Kevin Covais ("When I Fall In Love"): Okay, I yield the floor to Fienberg on this one. He's not punking the show, he's not amusing himself, he's sincerely trying to win. If I heard this at a high school talent show -- say, after Meadow Soprano's solo -- I would have smiled and said that was pretty good. For a nationally televised singing contest, it was average at best. I do appreciate that he followed Manilow's advice about being understated, a quality you don't get very much of on this show.
Elliott Yamin ("Teach Me Tonight"): Even if he'd stunk, he'd get major brownie points for having the guts to say he didn't like Manilow before he met him. Fortunately, he didn't stink. Yes, he cheated the theme the same way Chris did last week by singing a much later cover version, but he has the most versatile, interesting voice of anybody this season, and he's slowly learning how to be a performer in addition to a great singer. The stylists are still struggling with what to do with him, and I don't think the goatee is it. Would it be too mid-'90s to dress him like a Rat Pack'er?
Kellie Pickler ("Walking After Midnight"): Her pronunciation of the phrase "searching for you" sounded like it was run through a vocoder by way of Inspector Clouseau trying to pronounce either "bomb" (Sellers) or "hamburger" (Martin). Other than that, it was a'ight-blah, but no more, and I don't know what the fuck Simon's talking about when he said how sexy it was. Wait, I know exactly what he's talking about, because in Simon's world, a skinny blonde in tight jeans will always be sexy no matter how sleepy-eyed and dull she seems while singing. Paula called it "a true authentic Kellie Pickler performance," which sounds about right. Considering how often Simon's called her a frontrunner in interviews, I have to assume she's getting tons of votes, which makes me sad but doesn't surprise me.

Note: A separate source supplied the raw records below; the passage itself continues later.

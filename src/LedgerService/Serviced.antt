-- ===== src/LedgerService/Serviced.antt =====
-- services/game-server/src/remote-ledger.ts and services/ledger/src/index.ts: whose chips a game server
-- with a token of its own moves.
use Prim.Native.String.{String}
use vr_poker.Prelude.{
  ℕ, suc, arith, ◌≡◌, inl, inr, refl, ap, ◌∙◌, Bool, false, Option, none, some, List, [], ◌∷◌, ◌++◌,
  ◌==◌, Bool-cases, Option-cases, ◌&&◌,
}
use vr_poker.Prelude.Int.{ℤ, pos, ◌+ℤ◌}
use vr_poker.Prelude.Maps.{lookup_in, write_in}
use vr_poker.Ledger.Entries.{
  LedgerEntry, LedgerReason, Fallible, done, failed, After, seed, buy_in, cash_out,
}
use vr_poker.Ledger.Chips.{
  ChipLedger, Amount, negated, append, balance, history, is_negative, is_zero, pushed, post_buy_in,
  post_cash_out,
}
use vr_poker.Ledger.Balances.{append_balances}
use vr_poker.Ledger.Clubs.{Percent}
use vr_poker.Ledger.Store.{
  MemoryLedgerStore, UserAccount, Answer, named, seeded, welcome_seed, is_empty_list, ensure_user,
  get_user, with_chips, after_ensure, store_buy_in, store_cash_out,
}
use vr_poker.Auth.Subject.{AuthUser, AuthVerifyOptions, Key, Payload, granted, require_auth_header}
use vr_poker.LedgerService.{Response, Route, post_cash_out as out_route}
use vr_poker.LedgerService.Handle.{handle, with_balance, with_subject, id_or, text_or}
use vr_poker.LedgerService.Grown.{named-chips}
use vr_poker.LedgerService.Remote.{posted, auth_header, remote_buy_in, remote_cash_out}

module _ (now : String) (subject other : ℕ) (apart : (subject == other) ≡ false) where
  -- The balance of the other player is the same.
  abbrev Spared : {A : Type 0} → MemoryLedgerStore → A × MemoryLedgerStore → Type 0
  Spared s r = balance other r.1.chips ≡ balance other s.chips

  append-other :
      (amount : Amount) (reason : LedgerReason) (ref : Option String) (l : ChipLedger)
      → After (λ r. balance other r.1 ≡ balance other l) (append now subject amount reason ref l)
  unfolding append
  append-other none reason ref l = tt
  append-other (some amount) reason ref l =
      third (append now subject (some amount) reason ref l)
        (append_balances now subject other amount reason ref l apart)
    where
      third :
          (r : Fallible (LedgerEntry × ChipLedger))
          → After
              (λ r.
                (r.1.entries ≡ l.entries ++ (r.0 ∷ []))
                × (balance subject r.1 ≡ balance subject l +ℤ amount)
                × (balance other r.1 ≡ balance other l)
                × ((is_negative amount && is_negative (balance subject r.1)) ≡ false))
              r
          → After (λ r. balance other r.1 ≡ balance other l) r
      third (done r) h = h.2
      third (failed e) h = tt

  seeded-Spared :
      (s t : MemoryLedgerStore) (r : Fallible (LedgerEntry × ChipLedger))
      → t.chips ≡ s.chips
      → After (λ r. balance other r.1 ≡ balance other t.chips) r
      → Spared {A = Fallible UserAccount} s (elim r [
        | failed e ↦ (failed e, t)
        | done r ↦ let u = record t { chips = r.1 } in (get_user subject u, u)
      ])
  seeded-Spared s t (failed e) same h = ap (balance other) same
  seeded-Spared s t (done r) same h = h ∙ ap (balance other) same

  ensure_user-Spared :
      (name : Option String) (s : MemoryLedgerStore) → Spared s (ensure_user now subject name s)
  unfolding ensure_user
  ensure_user-Spared name s =
      let s1 = named subject name s in
      let same = named-chips subject name s in
      elim (Option-cases (lookup_in subject s1.created)) [
        | inr (at, e) ↦ rw (ensure_user, e) (ap (balance other) same)
        | inl e ↦
            let s2 : MemoryLedgerStore = record s1 { created = write_in subject now s1.created } in
            elim (Bool-cases (is_empty_list (history subject s2.chips))) [
              | inr n ↦ rw (ensure_user, e, n) (ap (balance other) same)
              | inl y ↦
                  rw (ensure_user, e, y)
                    (seeded-Spared s s2 (seeded now subject s2.chips) same
                      (append-other (some welcome_seed) seed (some "welcome") s2.chips))
            ]
      ]

  with_chips-Spared :
      (s : MemoryLedgerStore) (r : Fallible (LedgerEntry × ChipLedger))
      → After (λ r. balance other r.1 ≡ balance other s.chips) r
      → Spared s (with_chips s r)
  with_chips-Spared s (done r) h = h
  with_chips-Spared s (failed e) h = refl

  ensured-Spared :
      (s : MemoryLedgerStore) (k : MemoryLedgerStore → Answer LedgerEntry) (r : Answer UserAccount)
      → Spared s r
      → ((t : MemoryLedgerStore) → Spared t (k t))
      → Spared s (after_ensure k r)
  ensured-Spared s k (failed e, t) h g = h
  ensured-Spared s k (done u, t) h g = g t ∙ h

  store_buy_in-Spared :
      (amount : Amount) (ref : String) (s : MemoryLedgerStore)
      → Spared s (store_buy_in now subject amount ref s)
  unfolding store_buy_in post_buy_in
  store_buy_in-Spared amount ref s =
      ensured-Spared s _ (ensure_user now subject none s) (ensure_user-Spared none s)
        (λ t. with_chips-Spared t _ (append-other (negated amount) buy_in (some ref) t.chips))

  store_cash_out-Spared :
      (amount : Amount) (ref : String) (s : MemoryLedgerStore)
      → Spared s (store_cash_out now subject amount ref s)
  unfolding store_cash_out post_cash_out
  store_cash_out-Spared amount ref s =
      with_chips-Spared s _ (append-other amount cash_out (some ref) s.chips)

  answered-Spared :
      (s : MemoryLedgerStore) (r : Fallible LedgerEntry × MemoryLedgerStore)
      → Spared s r
      → Spared s (posted (with_balance subject r))
  answered-Spared s (done e, t) h = h
  answered-Spared s (failed e, t) h = h

recorded :
    (now : String) (user chips : ℕ) (ref : Option String) (l : ChipLedger)
    → append now user (some (pos (suc chips))) cash_out ref l
      ≡ done (pushed now user (pos (suc chips)) cash_out ref l)
unfolding append
recorded now user chips ref l =
    let whole : is_zero (pos (suc chips)) ≡ false = ground arith in
    let credit : is_negative (pos (suc chips)) ≡ false = ground arith in rw (whole, credit) refl

credited-balance :
    (now : String) (user : ℕ) (s : MemoryLedgerStore) (ref : Option String) (chips : ℕ)
    → balance user
        (with_chips s (append now user (some (pos (suc chips))) cash_out ref s.chips)).1.chips
      ≡ balance user s.chips +ℤ pos (suc chips)
credited-balance now user s ref chips =
    let amount = pos (suc chips) in
    let apart : (user == suc user) ≡ false = ground arith in
    let e = recorded now user chips ref s.chips in
    let r = pushed now user amount cash_out ref s.chips in
    let good : (r.1.entries ≡ s.chips.entries ++ (r.0 ∷ []))
        × (balance user r.1 ≡ balance user s.chips +ℤ amount)
        × (balance (suc user) r.1 ≡ balance (suc user) s.chips)
        × ((is_negative amount && is_negative (balance user r.1)) ≡ false) =
      rw e at (append_balances now user (suc user) amount cash_out ref s.chips apart) in
    rw e good.1

posted-chips :
    (user subject : ℕ) (r : Fallible LedgerEntry × MemoryLedgerStore)
    → balance user (posted (with_balance subject r)).1.chips ≡ balance user r.1.chips
posted-chips user subject (done e, t) = refl
posted-chips user subject (failed e, t) = refl

-- the route of a cash-out with this body
abbrev pub post_cash_out_route : Option ℕ → Amount → Option String → Route
post_cash_out_route claimed amount ref =
    out_route (some record { claimed = claimed; amount = amount; ref = ref })

module _ (jwt_verify : List ℕ → Key → Option String → Option String → Option Payload)
    (disabled : Bool) (config : AuthVerifyOptions) (now : String) (uuid : ℕ)
    (default_rake : Percent) (text_of : ℕ → String) (empty : ℕ) where
  for_user :
      (header : Option (List ℕ)) (claimed : Option ℕ) (u : AuthUser) (s : MemoryLedgerStore)
      (k : Option ℕ → Response × MemoryLedgerStore)
      → require_auth_header jwt_verify disabled config header ≡ granted (some u)
      → with_subject jwt_verify disabled config header claimed s k ≡ k (some u.subject)
  for_user header claimed u s k e = rw (with_subject, e) refl

  -- Where the game server sends a token that is verified for a user of the ledger service, a buy-in or
  -- a cash-out that it asks for another player, of any amount, leaves the balance of this player at the
  -- ledger as it was, and a cash-out of some chips for this player adds them to the balance of the user
  -- of the token.
  pub service_token_posts_own :
      (ref_of : ℕ → String) (service own : Option (List ℕ)) (player table chips : ℕ) (amount : ℤ)
      (u : AuthUser) (s : MemoryLedgerStore)
      → require_auth_header jwt_verify disabled config (auth_header service own) ≡ granted (some u)
      → (u.subject == player) ≡ false
      → (balance player
            (remote_buy_in jwt_verify disabled config now uuid default_rake text_of empty ref_of
              service own player amount table s).1.chips
          ≡ balance player s.chips)
        × (balance player
              (remote_cash_out jwt_verify disabled config now uuid default_rake text_of empty ref_of
                service own player amount table s).1.chips
            ≡ balance player s.chips)
        × (balance u.subject
              (remote_cash_out jwt_verify disabled config now uuid default_rake text_of empty ref_of
                service own player
                (pos (suc chips))
                table
                s).1.chips
            ≡ balance u.subject s.chips +ℤ pos (suc chips))
  unfolding remote_buy_in remote_cash_out handle store_cash_out post_cash_out append
  service_token_posts_own ref_of service own player table chips amount u s let_in apart =
      let header = auth_header service own in
      let buys : Option ℕ → Response × MemoryLedgerStore = λ who.
        with_balance (id_or empty who)
          (store_buy_in now (id_or empty who) (some amount) (ref_of table) s) in
      let pays : ℤ → Option ℕ → Response × MemoryLedgerStore = λ a who.
        with_balance (id_or empty who)
          (store_cash_out now (id_or empty who) (some a) (ref_of table) s) in
      (
        ap (λ r. balance player (posted r).1.chips) (for_user header (some player) u s buys let_in)
            ∙ answered-Spared now u.subject player apart s
                (store_buy_in now u.subject (some amount) (ref_of table) s)
                (store_buy_in-Spared now u.subject player apart (some amount) (ref_of table) s),
        ap (λ r. balance player (posted r).1.chips)
              (for_user header (some player) u s (pays amount) let_in)
            ∙ answered-Spared now u.subject player apart s
                (store_cash_out now u.subject (some amount) (ref_of table) s)
                (store_cash_out-Spared now u.subject player apart (some amount) (ref_of table) s),
        ap (λ r. balance u.subject (posted r).1.chips)
              (for_user header (some player) u s (pays (pos (suc chips))) let_in)
            ∙ posted-chips u.subject u.subject
                (store_cash_out now u.subject (some (pos (suc chips))) (ref_of table) s)
            ∙ credited-balance now u.subject s (some (ref_of table)) chips,
      )

  -- Whoever has a token that is verified for a user can have any number of chips: a cash-out that the
  -- user asks the service for is credited in full, with nothing that it is taken from.
  pub cash_out_credits :
      (header : Option (List ℕ)) (claimed : Option ℕ) (ref : Option String) (chips : ℕ)
      (u : AuthUser) (s : MemoryLedgerStore)
      → require_auth_header jwt_verify disabled config header ≡ granted (some u)
      → balance u.subject
          (handle jwt_verify disabled config now uuid default_rake text_of empty header
            (post_cash_out_route claimed (some (pos (suc chips))) ref)
            s).1.chips
        ≡ balance u.subject s.chips +ℤ pos (suc chips)
  unfolding handle store_cash_out post_cash_out append
  cash_out_credits header claimed ref chips u s let_in =
      let cashes : Option ℕ → Response × MemoryLedgerStore = λ who.
        with_balance (id_or empty who)
          (store_cash_out now (id_or empty who) (some (pos (suc chips))) (text_or "table" ref) s) in
      ap (λ r. balance u.subject r.1.chips) (for_user header claimed u s cashes let_in)
      ∙ credited-balance now u.subject s (some (text_or "table" ref)) chips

Ace Young ("In the Still of the Night"): Ah, the inevitable "Ace is back" storyline, in the tradition of "Bo is back" (and, I vaguely recall, "Ruben is back" and "Justin is back"), where an early frontrunner winds up in the bottom three, then gets the pimp slot at the end of the next episode, followed by a tongue bath from Randy and company. Only difference is, Bo was "back" the week he sang "Vehicle" and deservedly put distance between himself and everyone else but Carrie, whereas I don't think Ace was a hell of a lot better than he's been for the last three or four weeks. Yes, he's more comfortable when he doesn't have to move, and, yes, he's pretty, and yes, his falsetto sometimes doesn't make my ears bleed, but I was checking my watch through half that performance. (During the other half, I was noticing that, during parts of the song, his mouth looked like Hank Azaria when he plays Chief Wiggum.) The producers want him to do well because they think a non-threatening hunk will be good for the ratings and/or album sales, but Ace missed the boy band train by half a decade and he's not a good enough singer to stand on his own.
Bottom three: Lisa and Bucky for sure, with Lisa going home. The other member? I'm stumped. The other people who sucked either have strong fanbases (Covais, Pickler) or got favorable comments and placement (Ace). Maybe Elliott? I love his voice, but we all know that's not what most people vote on.